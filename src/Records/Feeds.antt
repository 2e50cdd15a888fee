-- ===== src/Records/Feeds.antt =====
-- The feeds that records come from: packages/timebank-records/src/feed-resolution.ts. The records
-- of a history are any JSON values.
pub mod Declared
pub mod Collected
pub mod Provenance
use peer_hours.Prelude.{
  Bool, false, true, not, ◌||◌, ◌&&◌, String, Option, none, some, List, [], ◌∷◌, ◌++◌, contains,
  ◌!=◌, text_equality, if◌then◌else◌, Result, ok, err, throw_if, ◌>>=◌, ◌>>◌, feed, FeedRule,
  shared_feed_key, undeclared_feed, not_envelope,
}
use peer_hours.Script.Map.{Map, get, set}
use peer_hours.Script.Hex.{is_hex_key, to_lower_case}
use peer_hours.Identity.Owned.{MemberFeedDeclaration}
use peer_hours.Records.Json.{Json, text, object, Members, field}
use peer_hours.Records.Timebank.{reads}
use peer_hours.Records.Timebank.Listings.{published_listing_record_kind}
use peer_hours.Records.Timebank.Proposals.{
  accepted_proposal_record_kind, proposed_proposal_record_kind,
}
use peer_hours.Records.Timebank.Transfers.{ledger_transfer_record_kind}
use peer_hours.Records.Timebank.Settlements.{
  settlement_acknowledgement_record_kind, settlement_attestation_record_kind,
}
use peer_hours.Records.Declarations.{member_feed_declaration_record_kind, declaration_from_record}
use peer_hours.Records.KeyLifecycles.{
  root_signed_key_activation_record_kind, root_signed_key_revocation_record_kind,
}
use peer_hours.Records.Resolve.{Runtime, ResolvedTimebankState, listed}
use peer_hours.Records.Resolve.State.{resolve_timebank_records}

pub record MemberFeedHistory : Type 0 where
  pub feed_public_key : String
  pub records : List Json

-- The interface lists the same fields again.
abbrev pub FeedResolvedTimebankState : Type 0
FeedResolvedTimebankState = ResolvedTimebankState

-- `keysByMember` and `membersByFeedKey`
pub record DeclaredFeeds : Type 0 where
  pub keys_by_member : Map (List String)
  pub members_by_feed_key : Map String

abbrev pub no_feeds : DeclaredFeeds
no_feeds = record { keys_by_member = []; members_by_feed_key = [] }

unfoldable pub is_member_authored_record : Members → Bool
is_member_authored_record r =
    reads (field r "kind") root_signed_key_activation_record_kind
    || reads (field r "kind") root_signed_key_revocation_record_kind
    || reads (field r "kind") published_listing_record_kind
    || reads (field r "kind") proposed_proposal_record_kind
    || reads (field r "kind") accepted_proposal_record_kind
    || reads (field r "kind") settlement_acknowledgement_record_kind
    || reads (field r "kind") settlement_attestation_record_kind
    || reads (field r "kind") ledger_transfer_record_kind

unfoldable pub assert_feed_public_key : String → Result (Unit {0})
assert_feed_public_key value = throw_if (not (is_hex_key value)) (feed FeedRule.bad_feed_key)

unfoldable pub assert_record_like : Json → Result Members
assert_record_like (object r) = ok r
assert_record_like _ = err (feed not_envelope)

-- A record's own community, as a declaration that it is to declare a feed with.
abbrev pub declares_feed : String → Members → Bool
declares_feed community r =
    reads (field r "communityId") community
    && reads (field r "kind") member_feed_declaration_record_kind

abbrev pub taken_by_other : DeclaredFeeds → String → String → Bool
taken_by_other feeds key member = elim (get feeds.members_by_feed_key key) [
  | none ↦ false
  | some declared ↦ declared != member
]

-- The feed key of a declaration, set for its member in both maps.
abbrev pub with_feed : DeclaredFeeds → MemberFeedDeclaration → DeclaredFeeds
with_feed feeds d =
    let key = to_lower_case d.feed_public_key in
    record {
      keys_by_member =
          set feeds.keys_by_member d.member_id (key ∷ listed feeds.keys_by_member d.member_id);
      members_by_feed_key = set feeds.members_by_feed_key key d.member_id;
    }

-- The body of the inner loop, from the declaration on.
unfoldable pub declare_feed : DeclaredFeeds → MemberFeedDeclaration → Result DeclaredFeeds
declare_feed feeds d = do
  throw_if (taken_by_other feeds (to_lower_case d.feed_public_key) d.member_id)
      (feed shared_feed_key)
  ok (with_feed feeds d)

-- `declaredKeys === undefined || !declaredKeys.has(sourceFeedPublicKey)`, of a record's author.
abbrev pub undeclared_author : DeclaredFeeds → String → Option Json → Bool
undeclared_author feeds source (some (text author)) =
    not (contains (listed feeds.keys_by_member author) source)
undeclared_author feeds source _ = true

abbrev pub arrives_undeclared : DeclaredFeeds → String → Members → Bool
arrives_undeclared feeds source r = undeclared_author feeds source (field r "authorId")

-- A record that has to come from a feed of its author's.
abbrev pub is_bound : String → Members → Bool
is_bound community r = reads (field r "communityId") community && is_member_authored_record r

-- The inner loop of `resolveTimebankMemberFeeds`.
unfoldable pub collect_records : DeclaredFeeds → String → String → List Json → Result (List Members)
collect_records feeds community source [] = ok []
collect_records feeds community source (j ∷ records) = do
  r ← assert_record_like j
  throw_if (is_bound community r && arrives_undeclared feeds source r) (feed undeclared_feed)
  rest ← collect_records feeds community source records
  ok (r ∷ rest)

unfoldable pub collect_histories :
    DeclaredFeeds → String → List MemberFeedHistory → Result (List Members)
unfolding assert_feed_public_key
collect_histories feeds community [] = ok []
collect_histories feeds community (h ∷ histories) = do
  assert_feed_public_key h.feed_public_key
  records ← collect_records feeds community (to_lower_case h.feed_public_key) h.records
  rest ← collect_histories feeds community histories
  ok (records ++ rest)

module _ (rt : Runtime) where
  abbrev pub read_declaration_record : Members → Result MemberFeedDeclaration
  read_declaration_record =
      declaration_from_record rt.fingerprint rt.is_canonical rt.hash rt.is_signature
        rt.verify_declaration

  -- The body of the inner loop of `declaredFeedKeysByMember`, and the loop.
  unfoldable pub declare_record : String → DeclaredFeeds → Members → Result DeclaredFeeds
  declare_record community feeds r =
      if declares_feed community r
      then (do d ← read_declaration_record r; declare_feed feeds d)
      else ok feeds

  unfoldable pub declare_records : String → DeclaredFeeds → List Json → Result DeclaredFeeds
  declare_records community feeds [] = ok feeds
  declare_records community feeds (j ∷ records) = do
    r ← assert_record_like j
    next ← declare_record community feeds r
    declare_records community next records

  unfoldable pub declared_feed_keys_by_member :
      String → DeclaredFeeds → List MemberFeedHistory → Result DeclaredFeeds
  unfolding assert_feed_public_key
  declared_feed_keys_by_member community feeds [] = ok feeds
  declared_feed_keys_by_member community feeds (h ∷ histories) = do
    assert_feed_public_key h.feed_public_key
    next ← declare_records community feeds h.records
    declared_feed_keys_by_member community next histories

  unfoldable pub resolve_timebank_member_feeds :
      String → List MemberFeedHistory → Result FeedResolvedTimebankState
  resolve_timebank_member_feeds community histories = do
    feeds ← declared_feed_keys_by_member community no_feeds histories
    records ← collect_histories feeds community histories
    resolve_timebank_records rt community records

» YOUR INSTRUCTIONS: Every record, restated word for word, should make up your reply.

» EXERCISE RESULT:
filename src/Records/Feeds.antt
repository 2e50cdd15a888fee
-- ===== src/Records/Feeds.antt =====
-- The feeds that records come from: packages/timebank-records/src/feed-resolution.ts. The records
-- of a history are any JSON values.
pub mod Declared
pub mod Collected
pub mod Provenance
use peer_hours.Prelude.{
  Bool, false, true, not, ◌||◌, ◌&&◌, String, Option, none, some, List, [], ◌∷◌, ◌++◌, contains,
  ◌!=◌, text_equality, if◌then◌else◌, Result, ok, err, throw_if, ◌>>=◌, ◌>>◌, feed, FeedRule,
  shared_feed_key, undeclared_feed, not_envelope,
}
use peer_hours.Script.Map.{Map, get, set}
use peer_hours.Script.Hex.{is_hex_key, to_lower_case}
use peer_hours.Identity.Owned.{MemberFeedDeclaration}
use peer_hours.Records.Json.{Json, text, object, Members, field}
use peer_hours.Records.Timebank.{reads}
use peer_hours.Records.Timebank.Listings.{published_listing_record_kind}
use peer_hours.Records.Timebank.Proposals.{
  accepted_proposal_record_kind, proposed_proposal_record_kind,
}
use peer_hours.Records.Timebank.Transfers.{ledger_transfer_record_kind}
use peer_hours.Records.Timebank.Settlements.{
  settlement_acknowledgement_record_kind, settlement_attestation_record_kind,
}
use peer_hours.Records.Declarations.{member_feed_declaration_record_kind, declaration_from_record}
use peer_hours.Records.KeyLifecycles.{
  root_signed_key_activation_record_kind, root_signed_key_revocation_record_kind,
}
use peer_hours.Records.Resolve.{Runtime, ResolvedTimebankState, listed}
use peer_hours.Records.Resolve.State.{resolve_timebank_records}

pub record MemberFeedHistory : Type 0 where
  pub feed_public_key : String
  pub records : List Json

-- The interface lists the same fields again.
abbrev pub FeedResolvedTimebankState : Type 0
FeedResolvedTimebankState = ResolvedTimebankState

-- `keysByMember` and `membersByFeedKey`
pub record DeclaredFeeds : Type 0 where
  pub keys_by_member : Map (List String)
  pub members_by_feed_key : Map String

abbrev pub no_feeds : DeclaredFeeds
no_feeds = record { keys_by_member = []; members_by_feed_key = [] }

unfoldable pub is_member_authored_record : Members → Bool
is_member_authored_record r =
    reads (field r "kind") root_signed_key_activation_record_kind
    || reads (field r "kind") root_signed_key_revocation_record_kind
    || reads (field r "kind") published_listing_record_kind
    || reads (field r "kind") proposed_proposal_record_kind
    || reads (field r "kind") accepted_proposal_record_kind
    || reads (field r "kind") settlement_acknowledgement_record_kind
    || reads (field r "kind") settlement_attestation_record_kind
    || reads (field r "kind") ledger_transfer_record_kind

unfoldable pub assert_feed_public_key : String → Result (Unit {0})
assert_feed_public_key value = throw_if (not (is_hex_key value)) (feed FeedRule.bad_feed_key)

unfoldable pub assert_record_like : Json → Result Members
assert_record_like (object r) = ok r
assert_record_like _ = err (feed not_envelope)

-- A record's own community, as a declaration that it is to declare a feed with.
abbrev pub declares_feed : String → Members → Bool
declares_feed community r =
    reads (field r "communityId") community
    && reads (field r "kind") member_feed_declaration_record_kind

abbrev pub taken_by_other : DeclaredFeeds → String → String → Bool
taken_by_other feeds key member = elim (get feeds.members_by_feed_key key) [
  | none ↦ false
  | some declared ↦ declared != member
]

-- The feed key of a declaration, set for its member in both maps.
abbrev pub with_feed : DeclaredFeeds → MemberFeedDeclaration → DeclaredFeeds
with_feed feeds d =
    let key = to_lower_case d.feed_public_key in
    record {
      keys_by_member =
          set feeds.keys_by_member d.member_id (key ∷ listed feeds.keys_by_member d.member_id);
      members_by_feed_key = set feeds.members_by_feed_key key d.member_id;
    }

-- The body of the inner loop, from the declaration on.
unfoldable pub declare_feed : DeclaredFeeds → MemberFeedDeclaration → Result DeclaredFeeds
declare_feed feeds d = do
  throw_if (taken_by_other feeds (to_lower_case d.feed_public_key) d.member_id)
      (feed shared_feed_key)
  ok (with_feed feeds d)

-- `declaredKeys === undefined || !declaredKeys.has(sourceFeedPublicKey)`, of a record's author.
abbrev pub undeclared_author : DeclaredFeeds → String → Option Json → Bool
undeclared_author feeds source (some (text author)) =
    not (contains (listed feeds.keys_by_member author) source)
undeclared_author feeds source _ = true

abbrev pub arrives_undeclared : DeclaredFeeds → String → Members → Bool
arrives_undeclared feeds source r = undeclared_author feeds source (field r "authorId")

-- A record that has to come from a feed of its author's.
abbrev pub is_bound : String → Members → Bool
is_bound community r = reads (field r "communityId") community && is_member_authored_record r

-- The inner loop of `resolveTimebankMemberFeeds`.
unfoldable pub collect_records : DeclaredFeeds → String → String → List Json → Result (List Members)
collect_records feeds community source [] = ok []
collect_records feeds community source (j ∷ records) = do
  r ← assert_record_like j
  throw_if (is_bound community r && arrives_undeclared feeds source r) (feed undeclared_feed)
  rest ← collect_records feeds community source records
  ok (r ∷ rest)

unfoldable pub collect_histories :
    DeclaredFeeds → String → List MemberFeedHistory → Result (List Members)
unfolding assert_feed_public_key
collect_histories feeds community [] = ok []
collect_histories feeds community (h ∷ histories) = do
  assert_feed_public_key h.feed_public_key
  records ← collect_records feeds community (to_lower_case h.feed_public_key) h.records
  rest ← collect_histories feeds community histories
  ok (records ++ rest)

module _ (rt : Runtime) where
  abbrev pub read_declaration_record : Members → Result MemberFeedDeclaration
  read_declaration_record =
      declaration_from_record rt.fingerprint rt.is_canonical rt.hash rt.is_signature
        rt.verify_declaration

  -- The body of the inner loop of `declaredFeedKeysByMember`, and the loop.
  unfoldable pub declare_record : String → DeclaredFeeds → Members → Result DeclaredFeeds
  declare_record community feeds r =
      if declares_feed community r
      then (do d ← read_declaration_record r; declare_feed feeds d)
      else ok feeds

  unfoldable pub declare_records : String → DeclaredFeeds → List Json → Result DeclaredFeeds
  declare_records community feeds [] = ok feeds
  declare_records community feeds (j ∷ records) = do
    r ← assert_record_like j
    next ← declare_record community feeds r
    declare_records community next records

  unfoldable pub declared_feed_keys_by_member :
      String → DeclaredFeeds → List MemberFeedHistory → Result DeclaredFeeds
  unfolding assert_feed_public_key
  declared_feed_keys_by_member community feeds [] = ok feeds
  declared_feed_keys_by_member community feeds (h ∷ histories) = do
    assert_feed_public_key h.feed_public_key
    next ← declare_records community feeds h.records
    declared_feed_keys_by_member community next histories

  unfoldable pub resolve_timebank_member_feeds :
      String → List MemberFeedHistory → Result FeedResolvedTimebankState
  resolve_timebank_member_feeds community histories = do
    feeds ← declared_feed_keys_by_member community no_feeds histories
    records ← collect_histories feeds community histories
    resolve_timebank_records rt community records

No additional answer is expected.